| Exercise brief |
Going down the data below, set down exactly the line with "del_port_info pod p" and each line after it through the line with "pub lookup : Lookup"; no other lines.
(Given information Opens)
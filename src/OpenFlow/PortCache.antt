-- ===== src/OpenFlow/PortCache.antt =====
-- controllers/openflow/port_cache.go: the OVS port of each pod, asked for once.
pub mod Bounds
pub mod Entries
pub mod Laws
use k_vswitch.Prelude.{ℤ, String, Bool, Option, none, some, List, [], ◌∷◌, str_eq, if◌then◌else◌}
use k_vswitch.Text.{◌++◌}
use k_vswitch.Result.{Result, ok, err, panic}
use k_vswitch.Exec.{Exec}
use k_vswitch.OpenFlow.Kube.{Pod}
use k_vswitch.OpenFlow.Ovs.{Ovs, PortInfo, port_info_of}

-- the map of `portCache`, newest entry first
pub record PortCache : Type 0 where
  pub store : List (String × PortInfo)

abbrev pub new_port_cache : PortCache
new_port_cache = record { store = [] }

unfoldable pub port_cache_key_for_pod : Pod → String
port_cache_key_for_pod pod = pod.namespace ++ "/" ++ pod.name

-- p.store[key]
unfoldable pub lookup : String → List (String × PortInfo) → Option PortInfo
lookup key [] = none
lookup key ((k, info) ∷ rest) = if str_eq k key then some info else lookup key rest

-- delete(p.store, key)
unfoldable pub without : String → List (String × PortInfo) → List (String × PortInfo)
without key [] = []
without key ((k, info) ∷ rest) =
    let others = without key rest in if str_eq k key then others else (k, info) ∷ others

-- p.store[key] = info
abbrev pub store_info : String → PortInfo → PortCache → PortCache
store_info key info p = record p { store = (key, info) ∷ without key p.store }

-- what `GetPortInfo` does with the answers: an error leaves the store alone
remember : Pod → Result PortInfo → Exec PortCache PortInfo
remember pod (ok info) p = (ok info, store_info (port_cache_key_for_pod pod) info p)
remember pod (err e) p = (err e, p)
remember pod panic p = (panic, p)

module _ (ovs : Ovs) where
  from_cache : Pod → Option PortInfo → Exec PortCache PortInfo
  unfolding remember port_info_of
  from_cache pod (some port) p = (ok port, p)
  from_cache pod none p = remember pod (port_info_of ovs pod.namespace pod.name) p

  -- portCache.GetPortInfo
  unfoldable pub get_port_info : Pod → Exec PortCache PortInfo
  unfolding from_cache lookup without port_cache_key_for_pod
  get_port_info pod p = from_cache pod (lookup (port_cache_key_for_pod pod) p.store) p

-- portCache.DelPortInfo
unfoldable pub del_port_info : Pod → PortCache → PortCache
unfolding without port_cache_key_for_pod
del_port_info pod p = record p { store = without (port_cache_key_for_pod pod) p.store }
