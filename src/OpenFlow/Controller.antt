-- ===== src/OpenFlow/Controller.antt =====
-- `controller` of controllers/openflow/controller.go and flows.go: its state, `syncFlows` and the
-- handlers of the informers. Each `sync` runs under one lock, so that a call is one step of the
-- state.
pub mod Adds
pub mod Steps
pub mod Sync
pub mod Classes
pub mod Installed
pub mod Local
pub mod Members
pub mod Origins
pub mod Paths
pub mod Tables
pub mod Verdict
pub mod Ways
pub mod Routes
pub mod Events
use k_vswitch.Prelude.{
  ℕ, ◌+◌, ℤ, String, Bool, true, false, Option, none, some, List, [], ◌∷◌, if◌then◌else◌, pos,
}
use k_vswitch.Text.{◌++◌, non_empty}
use k_vswitch.Net.{IpNet, parse_ip, parse_cidr, ip_string, contains}
use k_vswitch.Result.{Error, msg, wrap, Result, ok, err, panic, context}
use k_vswitch.Exec.{Exec, ◌>>=◌, ◌>>◌, pure, lift, gets, skip, modify, logged, for_each}
use k_vswitch.Flows.{
  Flow, new_flow, ◌▸◌, with_table, with_priority, with_protocol, with_ip_dest,
  with_action_mod_dl_dest, with_action_output_port,
}
use k_vswitch.Flows.Buffer.{
  FlowsBuffer, new_flows_buffer, add_flow, reset, Command, sync_flows_command,
}
use k_vswitch.VSwitchCfg.{VSwitchConfig}
use k_vswitch.OpenFlow.Kube.{
  Pod, NetworkPolicy, Selector, everything, from_set, Listing, listed, failed,
}
use k_vswitch.OpenFlow.Config.{table_l2_rewrites, pod_mac_addr, Config}
use k_vswitch.OpenFlow.Bridge.{arp_responder, default_flows, flows_for_vswitch}
use k_vswitch.OpenFlow.Policy.{
  Lookup, flows_for_ingress_network_policy, flows_for_egress_network_policy,
}
use k_vswitch.OpenFlow.Ovs.{Ovs, PortInfo, of_port_from_name}
use k_vswitch.OpenFlow.PortCache.{PortCache, new_port_cache, get_port_info, del_port_info}

-- `issued` records the commands that were run, the newest first.
pub record Controller : Type 0 where
  pub config : Config
  pub flows : FlowsBuffer
  pub port_cache : PortCache
  pub issued : List Command

-- What the controller asks of the cluster and of the host: the listers, ovs-vsctl, and the outcome
-- of a command.
pub record Env : Type 0 where
  pub lookup : Lookup
  pub list_vswitches : Listing VSwitchConfig
  pub list_pods : Listing Pod
  pub list_policies : Listing NetworkPolicy
  pub ovs : Ovs
  pub run : Command → Result String

abbrev pub M : Type 0 → Type 0
M A = Exec Controller A

-- code that only touches the buffer, or the port cache
abbrev pub on_flows : Exec FlowsBuffer (Unit {0}) → M (Unit {0})
on_flows m c = let (r, b) = m c.flows in (r, record c { flows = b })

abbrev pub on_cache : Exec PortCache PortInfo → M PortInfo
on_cache m c = let (r, p) = m c.port_cache in (r, record c { port_cache = p })

-- pods, err := lister.List(...); if err != nil { return fmt.Errorf("context: %v", err) }
abbrev pub listing : {A : Type 0} → String → Listing A → Result (List A)
listing text (listed xs) = ok xs
listing text (failed e) = err (wrap text e)

-- the error of `m` is wrapped
abbrev pub wrap_result : {A : Type 0} → String → Result A × Controller → Result A × Controller
wrap_result text (r, c) = (context text r, c)

abbrev pub wrapped : {A : Type 0} → String → M A → M A
wrapped text m c = wrap_result text (m c)

-- `isLocalIP`, for IPv4: `parse_cidr` and `parse_ip` read dotted texts only
unfoldable pub is_local_ip : Config → String → Result Bool
is_local_ip c ip = elim (parse_cidr c.pod_cidr) [
  | ok net ↦ ok (contains net (parse_ip ip))
  | err e ↦ err e
  | panic ↦ panic
]

-- the loop of `flowsForNetworkPolicy`: an address that is empty, not local or not decided is
-- skipped
abbrev is_true : Result Bool → Bool
is_true (ok b) = b
is_true (err e) = false
is_true panic = false

unfoldable pub local_pod_ips : Config → List Pod → List String
local_pod_ips c [] = []
local_pod_ips c (pod ∷ pods) =
    let rest = local_pod_ips c pods in
    if non_empty pod.pod_ip
    then (if is_true (is_local_ip c pod.pod_ip) then pod.pod_ip ∷ rest else rest)
    else rest

-- the flow that hands a packet to a pod's port, and the answer to ARP requests for the pod
abbrev pub pod_port_flow : String → ℤ → Flow
pod_port_flow pod_ip ofport =
    new_flow
    ▸ with_table table_l2_rewrites
    ▸ with_priority (pos 100)
    ▸ with_protocol "ip"
    ▸ with_ip_dest pod_ip
    ▸ with_action_mod_dl_dest pod_mac_addr
    ▸ with_action_output_port ofport

module _ (env : Env) where
  local_pod : Pod → Bool → M (Unit {0})
  unfolding get_port_info
  local_pod pod false = skip
  local_pod pod true = do
    info ← wrapped "error checking port info for pod" (on_cache (get_port_info env.ovs pod))
    on_flows (add_flow (pod_port_flow pod.pod_ip info.ofport))
    on_flows (add_flow (arp_responder pod.pod_ip pod_mac_addr))

  pub flows_for_pod : Pod → M (Unit {0})
  unfolding local_pod is_local_ip
  flows_for_pod pod =
      if non_empty pod.pod_ip
      then (do
        c ← gets (λ s. s.config)
        local ← lift (context "error checking if IP is local" (is_local_ip c pod.pod_ip))
        local_pod pod local)
      else skip

  pub flows_for_network_policy : NetworkPolicy → M (Unit {0})
  unfolding local_pod_ips is_local_ip flows_for_ingress_network_policy
      flows_for_egress_network_policy
  flows_for_network_policy np = do
    c ← gets (λ s. s.config)
    pods ← lift (
        listing "error listing pods by pod selector"
          (env.lookup.list_pods_in np.namespace (from_set np.pod_selector)))
    let ips = local_pod_ips c pods
    logged (on_flows (flows_for_ingress_network_policy env.lookup np ips))
    logged (on_flows (flows_for_egress_network_policy env.lookup np ips))

  -- FlowsBuffer.SyncFlows: the command is recorded, and its outcome returned
  install_flows : M (Unit {0})
  install_flows = do
    command ← gets (λ s. sync_flows_command s.config.bridge_name s.flows)
    modify (λ s. record s { issued = command ∷ s.issued })
    out ← lift (context "failed to sync flows" (env.run command))
    skip

  pub sync_flows : M (Unit {0})
  unfolding flows_for_pod flows_for_network_policy install_flows default_flows flows_for_vswitch
  sync_flows = do
    on_flows reset
    c ← gets (λ s. s.config)
    wrapped "error adding default flows" (on_flows (default_flows c))
    vswitch_cfgs ← lift (listing "error listing vswitch configs" env.list_vswitches)
    for_each vswitch_cfgs (λ v. logged (on_flows (flows_for_vswitch c v)))
    pods ← lift (listing "error listing pods" env.list_pods)
    for_each pods (λ pod. logged (flows_for_pod pod))
    net_pols ← lift (listing "error getting network policies" env.list_policies)
    for_each net_pols (λ np. logged (flows_for_network_policy np))
    wrapped "error syncing flows" install_flows

-- the controller that `NewController` returns
abbrev pub new_controller : Config → Controller
new_controller c = record {
  config = c;
  flows = new_flows_buffer;
  port_cache = new_port_cache;
  issued = [];
}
(Given information Closes)
| Solution for this exercise |
del_port_info pod p = record p { store = without (port_cache_key_for_pod pod) p.store }
filename src/OpenFlow/Controller.antt
-- ===== src/OpenFlow/Controller.antt =====
-- `controller` of controllers/openflow/controller.go and flows.go: its state, `syncFlows` and the
-- handlers of the informers. Each `sync` runs under one lock, so that a call is one step of the
-- state.
pub mod Adds
pub mod Steps
pub mod Sync
pub mod Classes
pub mod Installed
pub mod Local
pub mod Members
pub mod Origins
pub mod Paths
pub mod Tables
pub mod Verdict
pub mod Ways
pub mod Routes
pub mod Events
use k_vswitch.Prelude.{
  ℕ, ◌+◌, ℤ, String, Bool, true, false, Option, none, some, List, [], ◌∷◌, if◌then◌else◌, pos,
}
use k_vswitch.Text.{◌++◌, non_empty}
use k_vswitch.Net.{IpNet, parse_ip, parse_cidr, ip_string, contains}
use k_vswitch.Result.{Error, msg, wrap, Result, ok, err, panic, context}
use k_vswitch.Exec.{Exec, ◌>>=◌, ◌>>◌, pure, lift, gets, skip, modify, logged, for_each}
use k_vswitch.Flows.{
  Flow, new_flow, ◌▸◌, with_table, with_priority, with_protocol, with_ip_dest,
  with_action_mod_dl_dest, with_action_output_port,
}
use k_vswitch.Flows.Buffer.{
  FlowsBuffer, new_flows_buffer, add_flow, reset, Command, sync_flows_command,
}
use k_vswitch.VSwitchCfg.{VSwitchConfig}
use k_vswitch.OpenFlow.Kube.{
  Pod, NetworkPolicy, Selector, everything, from_set, Listing, listed, failed,
}
use k_vswitch.OpenFlow.Config.{table_l2_rewrites, pod_mac_addr, Config}
use k_vswitch.OpenFlow.Bridge.{arp_responder, default_flows, flows_for_vswitch}
use k_vswitch.OpenFlow.Policy.{
  Lookup, flows_for_ingress_network_policy, flows_for_egress_network_policy,
}
use k_vswitch.OpenFlow.Ovs.{Ovs, PortInfo, of_port_from_name}
use k_vswitch.OpenFlow.PortCache.{PortCache, new_port_cache, get_port_info, del_port_info}

-- `issued` records the commands that were run, the newest first.
pub record Controller : Type 0 where
  pub config : Config
  pub flows : FlowsBuffer
  pub port_cache : PortCache
  pub issued : List Command

-- What the controller asks of the cluster and of the host: the listers, ovs-vsctl, and the outcome
-- of a command.
pub record Env : Type 0 where
  pub lookup : Lookup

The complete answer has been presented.